PROVIDED INFORMATION Start Marker

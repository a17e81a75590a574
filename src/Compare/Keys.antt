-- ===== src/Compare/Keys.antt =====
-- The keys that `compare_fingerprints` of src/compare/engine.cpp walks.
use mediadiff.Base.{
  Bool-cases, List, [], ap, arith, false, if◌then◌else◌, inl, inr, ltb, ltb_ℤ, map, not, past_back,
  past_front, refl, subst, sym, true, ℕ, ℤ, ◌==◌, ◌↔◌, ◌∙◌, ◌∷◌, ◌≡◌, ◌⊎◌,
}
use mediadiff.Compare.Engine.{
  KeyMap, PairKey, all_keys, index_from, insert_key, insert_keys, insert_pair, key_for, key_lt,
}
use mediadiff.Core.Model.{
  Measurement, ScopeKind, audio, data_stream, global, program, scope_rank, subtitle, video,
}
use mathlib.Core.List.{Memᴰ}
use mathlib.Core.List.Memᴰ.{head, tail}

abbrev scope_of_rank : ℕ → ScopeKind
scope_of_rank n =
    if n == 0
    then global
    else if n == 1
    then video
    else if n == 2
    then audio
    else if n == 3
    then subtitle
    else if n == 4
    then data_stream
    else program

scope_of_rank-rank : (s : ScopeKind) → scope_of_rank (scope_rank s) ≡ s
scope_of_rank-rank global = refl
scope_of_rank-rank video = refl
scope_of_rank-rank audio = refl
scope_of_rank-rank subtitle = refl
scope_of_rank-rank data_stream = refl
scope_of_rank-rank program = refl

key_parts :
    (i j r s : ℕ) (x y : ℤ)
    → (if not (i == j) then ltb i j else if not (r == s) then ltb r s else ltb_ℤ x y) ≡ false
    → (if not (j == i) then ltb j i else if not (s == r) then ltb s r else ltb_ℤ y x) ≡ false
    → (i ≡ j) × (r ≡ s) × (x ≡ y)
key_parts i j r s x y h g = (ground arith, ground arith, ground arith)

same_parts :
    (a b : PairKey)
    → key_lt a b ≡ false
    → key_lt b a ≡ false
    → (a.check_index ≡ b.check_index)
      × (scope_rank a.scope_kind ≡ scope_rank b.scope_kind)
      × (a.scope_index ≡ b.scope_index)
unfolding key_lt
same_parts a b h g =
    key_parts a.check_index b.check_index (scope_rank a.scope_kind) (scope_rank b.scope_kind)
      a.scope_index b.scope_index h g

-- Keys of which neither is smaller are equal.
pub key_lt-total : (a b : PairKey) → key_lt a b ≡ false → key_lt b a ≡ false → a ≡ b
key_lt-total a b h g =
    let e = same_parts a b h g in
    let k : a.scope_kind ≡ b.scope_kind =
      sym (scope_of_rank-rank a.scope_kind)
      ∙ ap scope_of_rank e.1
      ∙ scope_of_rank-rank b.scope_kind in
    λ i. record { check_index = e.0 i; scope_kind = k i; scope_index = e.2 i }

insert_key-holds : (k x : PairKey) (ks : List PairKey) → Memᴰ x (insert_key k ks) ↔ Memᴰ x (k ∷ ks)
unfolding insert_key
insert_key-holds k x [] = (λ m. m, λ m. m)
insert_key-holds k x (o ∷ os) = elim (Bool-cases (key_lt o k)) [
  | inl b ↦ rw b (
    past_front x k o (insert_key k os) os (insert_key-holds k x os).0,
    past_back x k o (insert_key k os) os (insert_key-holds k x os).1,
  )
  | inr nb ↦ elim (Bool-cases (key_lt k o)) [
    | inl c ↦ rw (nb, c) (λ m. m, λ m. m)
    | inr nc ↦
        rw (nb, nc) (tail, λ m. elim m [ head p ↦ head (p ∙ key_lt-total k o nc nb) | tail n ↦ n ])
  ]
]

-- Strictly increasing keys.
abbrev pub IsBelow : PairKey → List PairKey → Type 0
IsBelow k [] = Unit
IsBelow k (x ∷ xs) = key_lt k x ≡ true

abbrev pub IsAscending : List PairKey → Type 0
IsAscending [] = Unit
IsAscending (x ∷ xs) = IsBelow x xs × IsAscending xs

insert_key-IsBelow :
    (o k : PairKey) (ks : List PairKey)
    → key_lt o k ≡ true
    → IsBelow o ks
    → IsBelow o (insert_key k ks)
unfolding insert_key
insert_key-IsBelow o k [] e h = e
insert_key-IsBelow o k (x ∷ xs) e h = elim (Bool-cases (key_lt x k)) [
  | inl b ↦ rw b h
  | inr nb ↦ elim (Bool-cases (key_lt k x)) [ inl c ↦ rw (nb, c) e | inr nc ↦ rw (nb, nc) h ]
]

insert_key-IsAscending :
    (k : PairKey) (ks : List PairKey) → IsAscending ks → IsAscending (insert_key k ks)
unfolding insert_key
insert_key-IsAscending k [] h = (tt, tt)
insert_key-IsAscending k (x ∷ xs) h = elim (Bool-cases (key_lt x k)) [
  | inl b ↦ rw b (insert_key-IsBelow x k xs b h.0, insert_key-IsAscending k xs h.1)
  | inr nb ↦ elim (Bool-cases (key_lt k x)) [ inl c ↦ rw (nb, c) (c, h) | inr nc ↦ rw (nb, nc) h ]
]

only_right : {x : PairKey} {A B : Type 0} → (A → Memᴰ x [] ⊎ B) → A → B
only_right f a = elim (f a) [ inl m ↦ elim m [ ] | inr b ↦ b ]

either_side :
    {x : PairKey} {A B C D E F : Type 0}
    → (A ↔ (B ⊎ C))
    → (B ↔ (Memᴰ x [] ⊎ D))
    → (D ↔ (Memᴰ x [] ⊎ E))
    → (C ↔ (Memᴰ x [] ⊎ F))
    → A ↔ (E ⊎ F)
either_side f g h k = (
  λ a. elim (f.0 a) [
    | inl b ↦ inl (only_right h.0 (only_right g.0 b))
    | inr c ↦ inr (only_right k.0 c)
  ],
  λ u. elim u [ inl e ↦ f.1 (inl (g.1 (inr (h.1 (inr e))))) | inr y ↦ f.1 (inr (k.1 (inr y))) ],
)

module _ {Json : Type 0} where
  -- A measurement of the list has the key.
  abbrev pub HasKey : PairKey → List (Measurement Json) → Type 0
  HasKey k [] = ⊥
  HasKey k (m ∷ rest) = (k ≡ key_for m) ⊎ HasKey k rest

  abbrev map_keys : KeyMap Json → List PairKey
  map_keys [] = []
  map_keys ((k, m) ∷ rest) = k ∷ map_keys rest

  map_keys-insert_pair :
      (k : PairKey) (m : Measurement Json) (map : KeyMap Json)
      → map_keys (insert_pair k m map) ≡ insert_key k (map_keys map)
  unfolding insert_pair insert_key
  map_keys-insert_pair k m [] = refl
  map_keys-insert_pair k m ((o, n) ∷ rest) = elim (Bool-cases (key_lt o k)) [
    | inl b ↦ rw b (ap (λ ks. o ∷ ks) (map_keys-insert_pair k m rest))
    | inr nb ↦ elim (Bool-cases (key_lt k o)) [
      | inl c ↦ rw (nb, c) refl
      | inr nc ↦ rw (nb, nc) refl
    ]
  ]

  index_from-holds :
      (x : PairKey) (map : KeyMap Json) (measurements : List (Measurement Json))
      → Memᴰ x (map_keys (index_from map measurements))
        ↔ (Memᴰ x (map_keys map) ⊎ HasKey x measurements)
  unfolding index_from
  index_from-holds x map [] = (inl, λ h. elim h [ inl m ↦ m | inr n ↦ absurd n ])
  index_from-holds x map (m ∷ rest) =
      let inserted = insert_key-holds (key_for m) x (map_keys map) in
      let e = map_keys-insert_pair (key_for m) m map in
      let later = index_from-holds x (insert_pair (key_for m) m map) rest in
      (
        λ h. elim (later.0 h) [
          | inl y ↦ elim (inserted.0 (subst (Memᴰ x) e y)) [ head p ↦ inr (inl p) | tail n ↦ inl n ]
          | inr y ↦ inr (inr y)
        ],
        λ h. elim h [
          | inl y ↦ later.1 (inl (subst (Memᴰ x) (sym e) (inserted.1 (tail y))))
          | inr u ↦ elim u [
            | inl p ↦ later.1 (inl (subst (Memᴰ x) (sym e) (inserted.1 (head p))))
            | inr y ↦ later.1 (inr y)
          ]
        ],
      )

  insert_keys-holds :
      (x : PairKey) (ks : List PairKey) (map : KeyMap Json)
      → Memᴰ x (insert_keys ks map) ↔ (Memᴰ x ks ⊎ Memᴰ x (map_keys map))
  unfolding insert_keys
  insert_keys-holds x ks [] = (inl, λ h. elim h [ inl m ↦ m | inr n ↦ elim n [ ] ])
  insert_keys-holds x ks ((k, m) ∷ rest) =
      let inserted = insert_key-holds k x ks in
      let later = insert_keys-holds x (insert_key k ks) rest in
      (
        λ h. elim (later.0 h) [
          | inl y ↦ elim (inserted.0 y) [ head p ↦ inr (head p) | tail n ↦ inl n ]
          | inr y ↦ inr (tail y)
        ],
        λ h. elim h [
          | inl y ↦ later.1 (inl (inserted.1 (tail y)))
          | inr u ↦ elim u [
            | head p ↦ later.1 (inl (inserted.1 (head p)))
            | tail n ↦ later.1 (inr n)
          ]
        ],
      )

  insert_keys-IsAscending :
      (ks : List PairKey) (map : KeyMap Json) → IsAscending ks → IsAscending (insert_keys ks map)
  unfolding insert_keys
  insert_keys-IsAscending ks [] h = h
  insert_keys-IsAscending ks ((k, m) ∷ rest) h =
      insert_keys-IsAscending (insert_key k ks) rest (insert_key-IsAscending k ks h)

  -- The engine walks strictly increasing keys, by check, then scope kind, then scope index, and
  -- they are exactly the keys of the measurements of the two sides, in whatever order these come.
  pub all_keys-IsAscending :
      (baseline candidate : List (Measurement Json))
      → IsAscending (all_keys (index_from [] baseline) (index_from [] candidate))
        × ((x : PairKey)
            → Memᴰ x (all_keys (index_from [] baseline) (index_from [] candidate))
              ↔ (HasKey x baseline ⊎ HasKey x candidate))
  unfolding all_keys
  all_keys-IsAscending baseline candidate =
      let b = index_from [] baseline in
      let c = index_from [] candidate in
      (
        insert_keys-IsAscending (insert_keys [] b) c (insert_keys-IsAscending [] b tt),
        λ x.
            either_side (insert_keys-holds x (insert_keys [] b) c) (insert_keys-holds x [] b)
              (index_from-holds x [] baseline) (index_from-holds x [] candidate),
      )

PROVIDED INFORMATION End Marker

Go through the data and show every line where "mathlib" occurs.

OUTPUT FOR THIS EXERCISE
use mathlib.Core.List.{Memᴰ}
use mathlib.Core.List.Memᴰ.{head, tail}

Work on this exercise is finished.